### Task statement
If a line in the entries below includes "tasks", pick it out and copy it.

### Input data
—————

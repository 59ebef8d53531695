-- ===== src/Core/Simulator/Safe.antt =====
-- The safety of the simulator (core/src/simulator.cpp): what the state of its vehicles and reservations
-- keeps to, so that no violation is ever counted.
pub mod Failures
pub mod Capable
pub mod Commits
pub mod Holds
pub mod Motion
pub mod Duties
pub mod Tape
pub mod Run
pub mod Start
use sentinel_public.Prelude.{
  ℕ, ◌+◌, ◌≤◌, ◌≡◌, refl, sym, subst, Bool, true, false, List, [], ◌∷◌, map, Option, none, some, ok,
  All, Pairs, Pairs-keep, All-keep, keep, Bool-cases, inl, inr, if◌then◌else◌, arith,
}
use sentinel_public.Prelude.Int.{ℤ, pos, ◌≤ℤ◌, ltb_ℤ}
use sentinel_public.Prelude.Word.{add64}
use sentinel_public.Prelude.Text.{Text, text_lt}
use sentinel_public.Prelude.Keyed.{find_key, find_key-All, put_key, put_key-All, map-put}
use sentinel_public.Protocol.Messages.{Capability, capability_number, ServiceLocation}
use sentinel_public.Protocol.Actions.{VehicleSpec}
use sentinel_public.Planning.Reservation.{Reservation, ReservationTable, overlaps}
use sentinel_public.Planning.Reservation.Invariant.{IsTable, Apart}
use sentinel_public.Core.Network.Step.{one_if}
use sentinel_public.Core.Simulator.State.{
  Vehicle, Task, Simulator, Violations, vehicle_id, task_id, found, vehicle, task,
  begin_convergence, next_epoch, is_scripted,
}
use sentinel_public.Core.Simulator.Counters.{
  record_energy_invariant, count_overlaps_with, count_overlaps, record_reservation_invariant,
}

-- Energy and capacity are not negative, and the capabilities are in order.
pub record IsFitWith (energy_mj energy_capacity_mj : ℤ) (spec : VehicleSpec) : Type 0 where
  pub energy : pos 0 ≤ℤ energy_mj
  pub capacity : pos 0 ≤ℤ energy_capacity_mj
  pub initial : pos 0 ≤ℤ spec.initial_energy_mj
  pub abilities : Pairs (λ c d. capability_number c ≤ capability_number d) spec.capabilities

abbrev pub IsFit : Vehicle → Type 0
IsFit v = IsFitWith v.energy_mj v.energy_capacity_mj v.spec

abbrev pub no_violations : Violations
no_violations = record {
  agent_energy_below_zero = 0;
  committed_reservation_overlap = 0;
  completed_task_reassignment = 0;
  incapable_agent_commit = 0;
}

abbrev pub Before : Text → Text → Type 0
Before a b = text_lt a b ≡ true

pub record IsSafeState (vs : List Vehicle) (ls : List ServiceLocation) (t : ReservationTable)
    (n : Violations) : Type 0 where
  pub fit : All IsFit vs
  pub ordered : Pairs Before (map vehicle_id vs)
  pub chargers : All (λ l. pos 0 ≤ℤ l.charge_mj_per_tick) ls
  pub table : IsTable t
  pub clean : n ≡ no_violations

-- Every vehicle is fit, the vehicles are in the order of their names, no location takes energy away,
-- the table of reservations keeps to its invariant, and no violation was counted.
abbrev pub IsSafe : Simulator → Type 0
IsSafe s = IsSafeState s.vehicles s.scenario.world.locations s.reservations s.violations

pub begin_convergence-IsSafe : (s : Simulator) → IsSafe s → IsSafe (begin_convergence s)
unfolding begin_convergence
begin_convergence-IsSafe s h = elim (Bool-cases (is_scripted s.scenario.allocation_policy)) [
  | inl scripted ↦ rw scripted h
  | inr allocated ↦ rw allocated h
]

pub next_epoch-IsSafe : (s : Simulator) → IsSafe s → IsSafe (next_epoch s)
next_epoch-IsSafe s h =
    begin_convergence-IsSafe (record s { allocation_epoch = add64 s.allocation_epoch 1 }) h

pub not_negative : (e : ℤ) → pos 0 ≤ℤ e → ltb_ℤ e (pos 0) ≡ false
not_negative e h = ground arith

abbrev pub energy_counted : Violations → ℤ → Violations
energy_counted n e = record n {
  agent_energy_below_zero = add64 n.agent_energy_below_zero (one_if (ltb_ℤ e (pos 0)));
}

count_overlaps_with-zero :
    (r : Reservation) (rs : List Reservation) → All (Apart r) rs → count_overlaps_with r rs ≡ 0
unfolding count_overlaps_with
count_overlaps_with-zero r [] h = refl
count_overlaps_with-zero r (x ∷ xs) h = rw (h.0, count_overlaps_with-zero r xs h.1) refl

pub count_overlaps-zero : (rs : List Reservation) → Pairs Apart rs → count_overlaps rs ≡ 0
unfolding count_overlaps
count_overlaps-zero [] h = refl
count_overlaps-zero (r ∷ rs) h =
    rw (count_overlaps_with-zero r rs h.0, count_overlaps-zero rs h.1) refl

-- Reservations that are kept apart are no violation.
pub record_reservation-IsSafe : (s : Simulator) → IsSafe s → IsSafe (record_reservation_invariant s)
unfolding record_reservation_invariant
record_reservation-IsSafe s h = record {
  fit = h.fit;
  ordered = h.ordered;
  chargers = h.chargers;
  table = h.table;
  clean = rw (h.clean, count_overlaps-zero s.reservations.committed h.table.apart) refl;
}

module _ {vs : List Vehicle} {ls : List ServiceLocation} {t : ReservationTable}
    {n : Violations} where
  -- Energy that is left is no violation.
  pub energy_counted-IsSafe :
      (e : ℤ) → pos 0 ≤ℤ e → IsSafeState vs ls t n → IsSafeState vs ls t (energy_counted n e)
  energy_counted-IsSafe e p h = record {
    fit = h.fit;
    ordered = h.ordered;
    chargers = h.chargers;
    table = h.table;
    clean = rw (h.clean, not_negative e p) refl;
  }

  -- A write to one of the vehicles.
  pub put_vehicle-IsSafe :
      (v : Vehicle) → IsFit v → IsSafeState vs ls t n → IsSafeState (put_key vehicle_id vs v) ls t n
  put_vehicle-IsSafe v f h = record {
    fit = put_key-All vehicle_id IsFit vs v h.fit f;
    ordered = rw (map-put vehicle_id vs v) h.ordered;
    chargers = h.chargers;
    table = h.table;
    clean = h.clean;
  }

  pub put_table-IsSafe :
      (t' : ReservationTable) → IsTable t' → IsSafeState vs ls t n → IsSafeState vs ls t' n
  put_table-IsSafe t' k h = record {
    fit = h.fit;
    ordered = h.ordered;
    chargers = h.chargers;
    table = k;
    clean = h.clean;
  }

pub found-eq {ℓ} : {A : Type ℓ} (o : Option A) {a : A} → found o ≡ ok a → o ≡ some a
found-eq none e = cc
found-eq (some b) e = cc

-- What the look-up of a vehicle returns is one of the vehicles, with its name.
pub vehicle-eq-ok :
    (s : Simulator) (id : Text) {v : Vehicle}
    → vehicle s id ≡ ok v
    → find_key vehicle_id s.vehicles id ≡ some v
unfolding vehicle
vehicle-eq-ok s id e = found-eq (find_key vehicle_id s.vehicles id) e

pub task-eq-ok :
    (s : Simulator) (id : Text) {t : Task} → task s id ≡ ok t → find_key task_id s.tasks id ≡ some t
unfolding task
task-eq-ok s id e = found-eq (find_key task_id s.tasks id) e

pub vehicle-IsFit :
    (s : Simulator) (id : Text) {v : Vehicle} → IsSafe s → vehicle s id ≡ ok v → IsFit v
vehicle-IsFit s id h e = find_key-All vehicle_id IsFit s.vehicles id h.fit (vehicle-eq-ok s id e)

—————

### The answer
    (s : Simulator) (id : Text) {t : Task} → task s id ≡ ok t → find_key task_id s.tasks id ≡ some t
task-eq-ok s id e = found-eq (find_key task_id s.tasks id) e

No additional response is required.